Could you quote, exactly as they stand, the lines running from the one with "-- The operation" to the final line of the material?
----------------
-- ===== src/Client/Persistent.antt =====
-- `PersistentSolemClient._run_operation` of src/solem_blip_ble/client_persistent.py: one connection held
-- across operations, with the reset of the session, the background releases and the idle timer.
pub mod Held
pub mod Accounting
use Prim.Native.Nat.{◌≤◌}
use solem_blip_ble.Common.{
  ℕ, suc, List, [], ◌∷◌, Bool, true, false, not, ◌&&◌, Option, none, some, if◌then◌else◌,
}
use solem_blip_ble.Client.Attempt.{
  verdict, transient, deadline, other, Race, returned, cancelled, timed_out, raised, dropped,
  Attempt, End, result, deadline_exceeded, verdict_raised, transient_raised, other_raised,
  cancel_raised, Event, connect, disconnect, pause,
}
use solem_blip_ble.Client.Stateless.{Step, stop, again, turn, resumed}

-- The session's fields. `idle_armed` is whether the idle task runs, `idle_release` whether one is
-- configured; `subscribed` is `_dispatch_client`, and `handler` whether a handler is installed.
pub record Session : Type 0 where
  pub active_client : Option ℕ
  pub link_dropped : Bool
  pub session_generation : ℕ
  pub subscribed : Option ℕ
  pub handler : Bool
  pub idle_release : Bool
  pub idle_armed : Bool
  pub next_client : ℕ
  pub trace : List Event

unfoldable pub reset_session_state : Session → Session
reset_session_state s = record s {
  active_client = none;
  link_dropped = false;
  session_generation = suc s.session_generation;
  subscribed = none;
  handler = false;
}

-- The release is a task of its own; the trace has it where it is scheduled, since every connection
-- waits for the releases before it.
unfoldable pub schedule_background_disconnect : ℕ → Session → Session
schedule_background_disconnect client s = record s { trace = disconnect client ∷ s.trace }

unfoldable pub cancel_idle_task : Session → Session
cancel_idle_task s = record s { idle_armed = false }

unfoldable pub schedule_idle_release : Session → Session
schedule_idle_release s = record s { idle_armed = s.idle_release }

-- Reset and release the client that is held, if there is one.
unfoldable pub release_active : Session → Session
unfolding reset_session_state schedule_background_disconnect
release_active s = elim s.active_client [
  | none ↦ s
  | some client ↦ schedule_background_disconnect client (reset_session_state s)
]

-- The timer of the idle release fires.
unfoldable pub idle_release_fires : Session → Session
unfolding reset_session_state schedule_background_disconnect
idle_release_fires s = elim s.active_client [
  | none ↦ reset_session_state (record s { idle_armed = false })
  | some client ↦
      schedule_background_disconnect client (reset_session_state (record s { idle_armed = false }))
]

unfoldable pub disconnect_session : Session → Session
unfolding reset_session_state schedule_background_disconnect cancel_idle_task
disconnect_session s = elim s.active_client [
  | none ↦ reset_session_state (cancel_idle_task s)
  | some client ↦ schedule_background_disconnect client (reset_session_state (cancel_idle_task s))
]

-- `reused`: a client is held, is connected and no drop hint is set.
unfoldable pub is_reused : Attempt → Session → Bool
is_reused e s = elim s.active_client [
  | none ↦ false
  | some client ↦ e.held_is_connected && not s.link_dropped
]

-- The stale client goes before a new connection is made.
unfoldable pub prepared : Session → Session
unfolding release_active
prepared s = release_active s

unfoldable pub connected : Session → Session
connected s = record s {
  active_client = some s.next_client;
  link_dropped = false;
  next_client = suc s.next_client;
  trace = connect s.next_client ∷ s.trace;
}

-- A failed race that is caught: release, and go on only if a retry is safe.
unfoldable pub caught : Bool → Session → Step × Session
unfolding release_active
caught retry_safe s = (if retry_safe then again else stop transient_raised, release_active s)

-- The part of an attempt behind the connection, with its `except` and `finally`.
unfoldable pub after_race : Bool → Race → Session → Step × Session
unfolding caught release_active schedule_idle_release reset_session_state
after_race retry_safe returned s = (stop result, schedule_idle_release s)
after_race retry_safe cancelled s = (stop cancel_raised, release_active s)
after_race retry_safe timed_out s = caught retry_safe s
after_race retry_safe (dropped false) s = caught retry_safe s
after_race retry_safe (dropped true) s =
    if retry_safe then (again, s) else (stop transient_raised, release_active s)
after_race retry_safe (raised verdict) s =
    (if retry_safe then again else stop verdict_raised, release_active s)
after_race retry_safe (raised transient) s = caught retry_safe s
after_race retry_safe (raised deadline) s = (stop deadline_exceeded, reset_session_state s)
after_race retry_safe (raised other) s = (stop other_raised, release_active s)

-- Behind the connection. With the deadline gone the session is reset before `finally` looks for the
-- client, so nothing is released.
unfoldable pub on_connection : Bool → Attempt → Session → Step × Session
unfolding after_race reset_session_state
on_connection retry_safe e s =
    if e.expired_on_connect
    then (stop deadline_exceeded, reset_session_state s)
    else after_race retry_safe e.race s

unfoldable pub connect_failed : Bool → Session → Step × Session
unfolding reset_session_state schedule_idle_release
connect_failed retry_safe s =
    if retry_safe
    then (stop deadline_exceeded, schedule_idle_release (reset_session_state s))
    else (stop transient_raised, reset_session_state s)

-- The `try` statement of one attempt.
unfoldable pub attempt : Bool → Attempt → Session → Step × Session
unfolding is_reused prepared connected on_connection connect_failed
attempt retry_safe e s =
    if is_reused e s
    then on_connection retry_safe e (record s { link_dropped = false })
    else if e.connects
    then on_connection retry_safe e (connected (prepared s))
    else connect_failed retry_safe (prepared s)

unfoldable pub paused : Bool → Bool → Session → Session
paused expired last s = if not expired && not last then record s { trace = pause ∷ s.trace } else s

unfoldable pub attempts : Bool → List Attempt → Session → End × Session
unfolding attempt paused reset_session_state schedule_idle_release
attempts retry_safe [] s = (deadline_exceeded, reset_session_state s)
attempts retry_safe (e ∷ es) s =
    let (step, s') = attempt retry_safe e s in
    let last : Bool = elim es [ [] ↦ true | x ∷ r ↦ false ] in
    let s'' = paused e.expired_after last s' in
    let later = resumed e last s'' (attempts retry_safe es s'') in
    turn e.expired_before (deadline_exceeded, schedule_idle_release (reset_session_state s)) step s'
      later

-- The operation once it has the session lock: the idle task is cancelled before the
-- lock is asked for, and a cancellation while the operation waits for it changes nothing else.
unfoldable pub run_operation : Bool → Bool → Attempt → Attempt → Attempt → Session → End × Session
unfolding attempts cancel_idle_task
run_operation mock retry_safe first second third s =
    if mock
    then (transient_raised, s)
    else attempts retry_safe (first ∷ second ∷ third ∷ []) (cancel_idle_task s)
----------------
SOLVED PROBLEM —
-- The operation once it has the session lock: the idle task is cancelled before the
-- lock is asked for, and a cancellation while the operation waits for it changes nothing else.
unfoldable pub run_operation : Bool → Bool → Attempt → Attempt → Attempt → Session → End × Session
unfolding attempts cancel_idle_task
run_operation mock retry_safe first second third s =
    if mock
    then (transient_raised, s)
    else attempts retry_safe (first ∷ second ∷ third ∷ []) (cancel_idle_task s)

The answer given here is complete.